Lockout Tags Need to Be Taken Seriously

Lockout tags are used to take vehicles, equipment, and other materials out of service because of damage, failure, or another legitimate reason such as a scheduled audit or inspection.

When you see a lockout tag, it needs to be taken seriously. Don’t ignore or disregard them even if you desperately need to use the locked out equipment. It’s not worth the risk.

Here’s why lockout tags are important along with some real-world examples of how they have been misused.

Don’t Mess Around with Lockout Tags 

All employees need to take lockout tags seriously. At the same time, they shouldn’t be placed on equipment lightly. Lockout tags should only be used if there is a serious reason why that particular piece of equipment should not be used.

There have been real-world instances where workers have placed lockout tags on a specific forklift, for example, because didn’t want anybody else to use it and instead sought to “reserve” it for themselves. This is a bad idea because it undermines the seriousness of the lockout tag.

In this scenario, another driver might disregard a lockout tag in the future because they thought a co-worker was simply being selfish, and it could lead to disaster if the vehicle is actually in disrepair.

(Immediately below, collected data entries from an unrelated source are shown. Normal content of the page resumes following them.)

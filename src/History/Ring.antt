-- ===== src/History/Ring.antt =====
-- The ring's invariant, and what one Add does to its snapshot.
use modelsrv.Prelude.{
  ℕ, zero, suc, ◌+◌, ◌%◌, ◌≤◌, ◌<◌, ◌≡◌, refl, ap, sym, ◌∙◌, List, [], ◌∷◌, ◌++◌, arith, length,
  length-set, length-replicate, length-append, length-take, length-drop, take, drop, get_or, set,
  take-all, drop-all, take-set, drop-set, drop-get, append-nil, append_assoc, ℤ, ltb, nat_beq,
  nat_beq_iff, true, false, if◌then◌else◌, pos, negsuc,
}
use native.Mathlib.Nat.{mod-eq_of_lt, mod_self}
use native.Mathlib.Numerals.{add-one}
use native.Mathlib.Decide.{dec_lt}
use modelsrv.Event.{StoredEvent, zero_event}
use modelsrv.History.{HistoryRing, ring_limit, new_history_ring, add, snapshot}

pub record IsValid {ℓ} {O : Type ℓ} (r : HistoryRing O) : Type 0 where
  pub allocated : length r.buf ≡ r.limit
  pub next_in : r.next < r.limit
  pub size_in : r.size ≤ r.limit
  pub filling : r.size < r.limit → r.next ≡ r.size

pub ring_limit_positive : (n : ℤ) → 0 < ring_limit n
ring_limit_positive (pos zero) = omega arith
ring_limit_positive (pos (suc n)) = omega arith
ring_limit_positive (negsuc n) = omega arith

module _ {ℓ} {O : Type ℓ} where
  pub new_history_ring-IsValid : (n : ℤ) → IsValid (new_history_ring {O = O} n)
  unfolding new_history_ring
  new_history_ring-IsValid n = record {
    allocated = length-replicate (ring_limit n) zero_event;
    next_in = ring_limit_positive n;
    size_in = omega arith;
    filling = λ _. refl;
  }

  -- What Add does to a full ring, and to one with room.
  unfoldable pub overwritten : HistoryRing O → StoredEvent O → HistoryRing O
  overwritten r ev =
      let evicted = get_or r.buf r.next zero_event in
      record r {
        buf = set r.buf r.next ev;
        next = (r.next + 1) % r.limit;
        compaction_seq = evicted.sequence_id;
        compaction_at = evicted.timestamp;
      }

  unfoldable pub extended : HistoryRing O → StoredEvent O → HistoryRing O
  extended r ev = record r {
    buf = set r.buf r.next ev;
    next = (r.next + 1) % r.limit;
    size = r.size + 1;
  }

  pub add-full :
      (r : HistoryRing O) (ev : StoredEvent O) → r.size ≡ r.limit → add r ev ≡ overwritten r ev
  unfolding add overwritten
  add-full r ev h = rw ((nat_beq_iff r.size r.limit).1 h)

  pub add-room :
      (r : HistoryRing O) (ev : StoredEvent O) → r.size < r.limit → add r ev ≡ extended r ev
  unfolding add extended
  add-room r ev h = let e : nat_beq r.size r.limit ≡ false = ground arith in rw e

  -- One Add keeps the invariant: no index ever leaves the buffer.
  pub add-IsValid : (r : HistoryRing O) (ev : StoredEvent O) → IsValid r → IsValid (add r ev)
  unfolding overwritten extended
  add-IsValid r ev v = elim (dec_lt r.size r.limit) [
    | yes h ↦ rw (add-room r ev h) (record {
      allocated = length-set r.buf r.next ev ∙ v.allocated;
      next_in = omega arith;
      size_in = omega arith;
      filling = λ q. ap (λ k. (k + 1) % r.limit) (v.filling h) ∙ mod-eq_of_lt q;
    })
    | no h ↦ rw (add-full r ev (omega arith)) (record {
      allocated = length-set r.buf r.next ev ∙ v.allocated;
      next_in = omega arith;
      size_in = v.size_in;
      filling = λ q. omega arith;
    })
  ]

  -- The buffer read from index n round to it.
  round_from : ℕ → List (StoredEvent O) → List (StoredEvent O)
  round_from n xs = drop n xs ++ take n xs

  round_from-set :
      (xs : List (StoredEvent O)) (n : ℕ) (ev : StoredEvent O)
      → n < length xs
      → round_from ((n + 1) % length xs) (set xs n ev) ≡ drop (suc n) xs ++ (take n xs ++ (ev ∷ []))
  unfolding round_from
  round_from-set xs n ev h = elim (dec_lt (n + 1) (length xs)) [
    | yes p ↦ rw (mod-eq_of_lt p, add-one) (rw (drop-set xs n ev, take-set xs n ev h))
    | no p ↦
        let e : n + 1 ≡ length xs = omega arith in
        rw (e, mod_self, append-nil, drop-all (suc n) xs (omega arith), ← take-set xs n ev h)
          (sym (take-all (suc n) (set xs n ev) (omega (arith, length-set xs n ev))))
  ]

  -- What stays of a snapshot when an entry is added to a ring of `size` entries.
  abbrev pub kept : HistoryRing O → List (StoredEvent O)
  kept r = if nat_beq r.size r.limit then drop 1 (snapshot r) else snapshot r

  snapshot-full : (r : HistoryRing O) → r.size ≡ r.limit → snapshot r ≡ round_from r.next r.buf
  unfolding snapshot round_from
  snapshot-full r h = let e : ltb r.size r.limit ≡ false = ground arith in rw e

  snapshot-room : (r : HistoryRing O) → r.size < r.limit → snapshot r ≡ take r.size r.buf
  unfolding snapshot
  snapshot-room r h = let e : ltb r.size r.limit ≡ true = ground arith in rw e

  -- After the write the buffer, read from the new place, ends with the entry.
  round_from-add :
      (r : HistoryRing O) (ev : StoredEvent O)
      → IsValid r
      → round_from ((r.next + 1) % r.limit) (set r.buf r.next ev)
        ≡ drop (suc r.next) r.buf ++ (take r.next r.buf ++ (ev ∷ []))
  round_from-add r ev v =
      ap (λ k. round_from ((r.next + 1) % k) (set r.buf r.next ev)) (sym v.allocated)
      ∙ round_from-set r.buf r.next ev (omega arith)

  snapshot-overwritten :
      (r : HistoryRing O) (ev : StoredEvent O)
      → IsValid r
      → r.size ≡ r.limit
      → snapshot (overwritten r ev) ≡ drop 1 (snapshot r) ++ (ev ∷ [])
  unfolding overwritten round_from
  snapshot-overwritten r ev v h =
      rw (snapshot-full r h, drop-get r.buf r.next zero_event (omega arith), append_assoc)
        (snapshot-full (overwritten r ev) h ∙ round_from-add r ev v)

  snapshot-extended :
      (r : HistoryRing O) (ev : StoredEvent O)
      → IsValid r
      → r.size < r.limit
      → snapshot (extended r ev) ≡ snapshot r ++ (ev ∷ [])
  unfolding extended
  snapshot-extended r ev v h = rw (snapshot-room r h) (elim (dec_lt (r.size + 1) r.limit) [
    | yes p ↦
        snapshot-room (extended r ev) p
        ∙ (rw (add-one, v.filling h) (take-set r.buf r.size ev (omega arith)))
    | no p ↦
        snapshot-full (extended r ev) (omega arith)
        ∙ (round_from-add r ev v
            ∙ rw (drop-all (suc r.next) r.buf (omega (arith, v.filling h)), v.filling h))
  ])

  -- Add puts the entry at the end of the snapshot; on a full ring the oldest entry leaves it.
  pub snapshot-add :
      (r : HistoryRing O) (ev : StoredEvent O)
      → IsValid r
      → snapshot (add r ev) ≡ kept r ++ (ev ∷ [])
  snapshot-add r ev v = elim (dec_lt r.size r.limit) [
    | yes h ↦
        let e : nat_beq r.size r.limit ≡ false = ground arith in
        rw (add-room r ev h, e) (snapshot-extended r ev v h)
    | no h ↦
        let e : r.size ≡ r.limit = omega arith in
        rw (add-full r ev e, (nat_beq_iff r.size r.limit).1 e) (snapshot-overwritten r ev v e)
  ]

  -- The entry that a full ring overwrites is the oldest of its snapshot.
  pub get_or-snapshot :
      (r : HistoryRing O)
      → IsValid r
      → r.size ≡ r.limit
      → get_or (snapshot r) 0 zero_event ≡ get_or r.buf r.next zero_event
  unfolding round_from
  get_or-snapshot r v h =
      rw (snapshot-full r h, drop-get r.buf r.next zero_event (omega arith)) refl

  pub length-snapshot : (r : HistoryRing O) → IsValid r → length (snapshot r) ≡ r.size
  unfolding round_from
  length-snapshot r v = elim (dec_lt r.size r.limit) [
    | yes h ↦ rw (snapshot-room r h) (omega (arith, length-take r.size r.buf))
    | no h ↦ rw (snapshot-full r (omega arith)) (
        omega (
          arith,
          length-append (drop r.next r.buf) (take r.next r.buf),
          length-take r.next r.buf,
          length-drop r.next r.buf,
        ))
  ]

Educate Everybody on Lockout Tags

Similarly, every employee needs to understand how lockout tags work, why they should be taken seriously, and how to use them effectively. This includes full-time workers, part-timers, and seasonal workers.

If a particular vehicle or piece of equipment is locked out, nobody should use it until it has been approved by qualified personnel to be returned to service. There have been real-world cases where people have ignored, disregarded, or not seen lockout tags and used the locked out equipment anyway to their own regret.

Educating everybody within the organization about how they work and why they are important is critical to workplace safety.

Minimize Lockouts

When equipment is locked out, it isn’t contributing to the organization’s success. So while lockout tags should be used when necessary and respected by all workers, every effort should be made to minimize the amount of time necessary equipment is locked out. In the real world, there have been instances in which equipment is locked out and then forgotten about for weeks, months, or even years. This doesn’t help anybody.

When equipment is locked out, think of it as a time clock that is running. The less time that particular piece of equipment or vehicle is locked out, the more productive the workplace will be.